#### Exercise requirements
State the number of lines in the following data that include the word "antt", with no other text.

#### Information provided
-- ===== src/Vmm/Orphans/Reclaimed.antt =====
-- What the reconciliation at a start answers and removes.
use aegis_honeypot.Prelude.{
  ◌≡◌, ◌⊎◌, inl, inr, refl, ap, ◌∙◌, Bool, true, false, ◌++◌, List, [], ◌∷◌, Option, none, some,
  arith, if_ind,
}
use aegis_honeypot.Prelude.Text.{Text, PathBuf, codes, starts_with}
use aegis_honeypot.Vmm.{HostCall, removed, Run, Host, join}
use aegis_honeypot.Vmm.Orphans.{
  session_of, release_mount, Found, prepend, reclaim_entry, reclaim_entries, reclaim_listed,
  reclaim_orphaned_sessions,
}
use aegis_honeypot.Vmm.Orphans.Settled.{
  IsCareful, removals, IsIn, IsSettled, IsReclaimed, plain_entry, session_entry, Handed-more,
  IsSettled-more,
}

module _ (host : Host) where
  release_mount-IsCareful :
      (p : PathBuf) (t : List HostCall) → IsCareful host t → IsCareful host (release_mount host p t)
  release_mount-IsCareful p t h =
      if_ind (IsCareful host) (host.is_dir t p)
        (λ _. if_ind (IsCareful host) (host.can_umount t p) (λ _. h) (λ _. h)) (λ _. h)

  removals-release_mount :
      (p : PathBuf) (t : List HostCall) → removals (release_mount host p t) ≡ removals t
  removals-release_mount p t =
      if_ind (λ u. removals u ≡ removals t) (host.is_dir t p)
        (λ _. if_ind (λ u. removals u ≡ removals t) (host.can_umount t p) (λ _. refl) (λ _. refl))
        (λ _. refl)

  release_mount-IsIn :
      (p : PathBuf) (t : List HostCall) (call : HostCall)
      → IsIn call t
      → IsIn call (release_mount host p t)
  release_mount-IsIn p t call h =
      if_ind (IsIn call) (host.is_dir t p)
        (λ _. if_ind (IsIn call) (host.can_umount t p) (λ _. inr h) (λ _. inr h)) (λ _. h)

  abbrev Reclaims : PathBuf → List (Text × Bool) → Type 0
  Reclaims base es =
      (u : List HostCall)
      → IsCareful host u
      → IsReclaimed host base es u (reclaim_entries host base es u)

  skipped :
      (base : PathBuf) (name : Text) (is_dir : Bool) (es : List (Text × Bool)) (t : List HostCall)
      → session_of name is_dir ≡ none
      → IsCareful host t
      → Reclaims base es
      → IsReclaimed host base ((name, is_dir) ∷ es) t (reclaim_entries host base es t)
  skipped base name is_dir es t e h next =
      let r : Run (Found host) = reclaim_entries host base es t in
      let i : IsReclaimed host base es t r = next t h in
      record {
        careful = i.careful;
        settled = (plainly (plain_entry name is_dir e), i.settled);
        handed = Handed-more base (name, is_dir) es r.0 i.handed;
        once = rw e (omega (arith, i.once));
        keeps = i.keeps;
      }
    where
      plainly :
          (is_dir ≡ false) ⊎ (starts_with name (codes "session_") ≡ false)
          → IsSettled base
              (reclaim_entries host base es t).0
              (reclaim_entries host base es t).1
              (name, is_dir)
      plainly (inl a) = inl a
      plainly (inr a) = inr (inl a)

  answered :
      (base : PathBuf) (name id : Text) (is_dir : Bool) (es : List (Text × Bool))
      (t u : List HostCall)
      → session_of name is_dir ≡ some id
      → IsCareful host u
      → removals u ≡ removals t
      → ((call : HostCall) → IsIn call t → IsIn call u)
      → Reclaims base es
      → IsReclaimed host base ((name, is_dir) ∷ es) t (
          prepend host (id, join (join base name) (codes "upper")) (reclaim_entries host base es u))
  answered base name id is_dir es t u e h same old next =
      let r : Run (Found host) = reclaim_entries host base es u in
      let i : IsReclaimed host base es u r = next u h in
      let this : (name ≡ codes "session_" ++ id) × (is_dir ≡ true) =
        session_entry name is_dir id e in
      let o : Text × PathBuf = (id, join (join base name) (codes "upper")) in
      record {
        careful = i.careful;
        settled =
            (inr (inr (id, this.0, inl (inl refl))), IsSettled-more base o r.0 r.1 es i.settled);
        handed = (
          (
            inl (ap (λ n. (n, is_dir)) this.0 ∙ ap (λ b. (codes "session_" ++ id, b)) this.1),
            ap (λ n. join (join base n) (codes "upper")) this.0,
          ),
          Handed-more base (name, is_dir) es r.0 i.handed,
        );
        once = rw e (omega (arith, i.once, same));
        keeps = λ call there. i.keeps call (old call there);
      }

  cleared :
      (base : PathBuf) (name id : Text) (is_dir : Bool) (es : List (Text × Bool))
      (t u : List HostCall)
      → session_of name is_dir ≡ some id
      → host.is_dir u (join (join base name) (codes "upper")) ≡ false
      → IsCareful host u
      → removals u ≡ removals t
      → ((call : HostCall) → IsIn call t → IsIn call u)
      → Reclaims base es
      → IsReclaimed host base
          ((name, is_dir) ∷ es)
          t
          (reclaim_entries host base es (removed (join base name) ∷ u))
  cleared base name id is_dir es t u e gone h same old next =
      let v : List HostCall = removed (join base name) ∷ u in
      let r : Run (Found host) = reclaim_entries host base es v in
      let i : IsReclaimed host base es v r = next v (gone, h) in
      let this : (name ≡ codes "session_" ++ id) × (is_dir ≡ true) =
        session_entry name is_dir id e in
      record {
        careful = i.careful;
        settled = (
          inr (inr (id, this.0, inr (i.keeps (removed (join base name)) (inl refl)))),
          i.settled,
        );
        handed = Handed-more base (name, is_dir) es r.0 i.handed;
        once = rw e (omega (arith, i.once, same));
        keeps = λ call there. i.keeps call (inr (old call there));
      }

  reclaim_entry-IsReclaimed :
      (base : PathBuf) (name : Text) (is_dir : Bool) (es : List (Text × Bool)) (o : Option Text)
      (t : List HostCall)
      → session_of name is_dir ≡ o
      → IsCareful host t
      → Reclaims base es
      → IsReclaimed host base
          ((name, is_dir) ∷ es)
          t
          (reclaim_entry host (join base name) o (reclaim_entries host base es) t)
  reclaim_entry-IsReclaimed base name is_dir es none t e h next =
      skipped base name is_dir es t e h next
  reclaim_entry-IsReclaimed base name is_dir es (some id) t e h next =
      let mount : PathBuf = join (join base name) (codes "mount") in
      let u : List HostCall = release_mount host mount t in
      let careful : IsCareful host u = release_mount-IsCareful mount t h in
      if_ind (IsReclaimed host base ((name, is_dir) ∷ es) t)
        (host.is_dir u (join (join base name) (codes "upper")))
        (λ kept.
          answered base name id is_dir es t u e careful (removals-release_mount mount t)
            (release_mount-IsIn mount t) next)
        (λ gone.
          cleared base name id is_dir es t u e gone careful (removals-release_mount mount t)
            (release_mount-IsIn mount t) next)

  reclaim_entries-IsReclaimed : (base : PathBuf) (es : List (Text × Bool)) → Reclaims base es
  unfolding reclaim_entries
  reclaim_entries-IsReclaimed base [] t h = record {
    careful = h;
    settled = tt;
    handed = tt;
    once = refl;
    keeps = λ call there. there;
  }
  reclaim_entries-IsReclaimed base ((name, is_dir) ∷ es) t h =
      reclaim_entry-IsReclaimed base name is_dir es (session_of name is_dir) t refl h
        (reclaim_entries-IsReclaimed base es)

-- What is listed below the base directory.
abbrev pub listed : Option (List (Text × Bool)) → List (Text × Bool)
listed none = []
listed (some es) = es

-- Whatever the host answers: every listed directory of an earlier session either has its id and its
-- upper directory answered for forensics, or is removed, and no entry counts twice; what is answered
-- belongs to a listed directory of a session; and a directory is removed only when it holds no upper
-- directory at that moment.
pub reclaim_orphaned_sessions-IsReclaimed :
    (host : Host) (base : PathBuf) (t : List HostCall)
    → IsCareful host t
    → IsReclaimed host base
        (listed (host.list_dir t base))
        t
        (reclaim_orphaned_sessions host base t)
unfolding reclaim_orphaned_sessions
reclaim_orphaned_sessions-IsReclaimed host base t h = reclaimed (host.list_dir t base)
  where
    reclaimed :
        (o : Option (List (Text × Bool)))
        → IsReclaimed host base (listed o) t (reclaim_listed host base o t)
    reclaimed none = record {
      careful = h;
      settled = tt;
      handed = tt;
      once = refl;
      keeps = λ call there. there;
    }
    reclaimed (some es) = reclaim_entries-IsReclaimed host base es t h
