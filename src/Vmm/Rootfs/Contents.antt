-- ===== src/Vmm/Rootfs/Contents.antt =====
-- crates/aegis-vmm/src/rootfs.rs: the directories and the files of the golden root file system. In the
-- source each line of a content but the first follows a `\` at the end of the line before, which drops
-- its leading white space.
use aegis_honeypot.Prelude.{ℕ, List, [], ◌∷◌, ◌++◌, map}
use aegis_honeypot.Prelude.Text.{Text, codes}
use Prim.Native.String.{String}

-- Lines with their ends.
abbrev lines : List String → Text
lines [] = []
lines (l ∷ ls) = codes l ++ 10 ∷ lines ls

-- A file that is written: its path below the root, its content and its mode.
pub record File : Type 0 where
  pub path : Text
  pub content : Text
  pub mode : ℕ

abbrev pub dirs : List Text
dirs = map codes (
    "bin" ∷ "boot" ∷ "boot/grub" ∷ "dev" ∷ "dev/pts" ∷ "dev/shm" ∷ "etc" ∷ "etc/ssh" ∷ "etc/network"
    ∷ "etc/cron.d" ∷ "etc/cron.daily" ∷ "etc/cron.hourly" ∷ "etc/cron.weekly" ∷ "etc/cron.monthly"
    ∷ "etc/systemd" ∷ "etc/systemd/system" ∷ "etc/pam.d" ∷ "etc/security" ∷ "etc/default"
    ∷ "etc/apt" ∷ "etc/apt/sources.list.d" ∷ "home" ∷ "home/ubuntu" ∷ "home/ubuntu/.ssh"
    ∷ "home/ubuntu/projects" ∷ "lib" ∷ "lib64" ∷ "media" ∷ "mnt" ∷ "opt" ∷ "proc" ∷ "proc/net"
    ∷ "proc/sys/kernel" ∷ "root" ∷ "root/.ssh" ∷ "run" ∷ "run/sshd" ∷ "run/systemd" ∷ "run/user"
    ∷ "sbin" ∷ "srv" ∷ "sys" ∷ "sys/class" ∷ "sys/devices" ∷ "sys/fs/cgroup" ∷ "tmp" ∷ "usr"
    ∷ "usr/bin" ∷ "usr/sbin" ∷ "usr/lib" ∷ "usr/lib64" ∷ "usr/local" ∷ "usr/local/bin"
    ∷ "usr/local/sbin" ∷ "usr/share" ∷ "usr/include" ∷ "var" ∷ "var/backups" ∷ "var/cache"
    ∷ "var/cache/apt" ∷ "var/cache/apt/archives" ∷ "var/lib" ∷ "var/lib/dpkg" ∷ "var/lib/systemd"
    ∷ "var/local" ∷ "var/lock" ∷ "var/log" ∷ "var/log/nginx" ∷ "var/log/journal" ∷ "var/mail"
    ∷ "var/opt" ∷ "var/run" ∷ "var/spool" ∷ "var/spool/cron" ∷ "var/spool/cron/crontabs" ∷ "var/tmp"
    ∷ "var/www" ∷ "var/www/html" ∷ [])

#### Written answer
3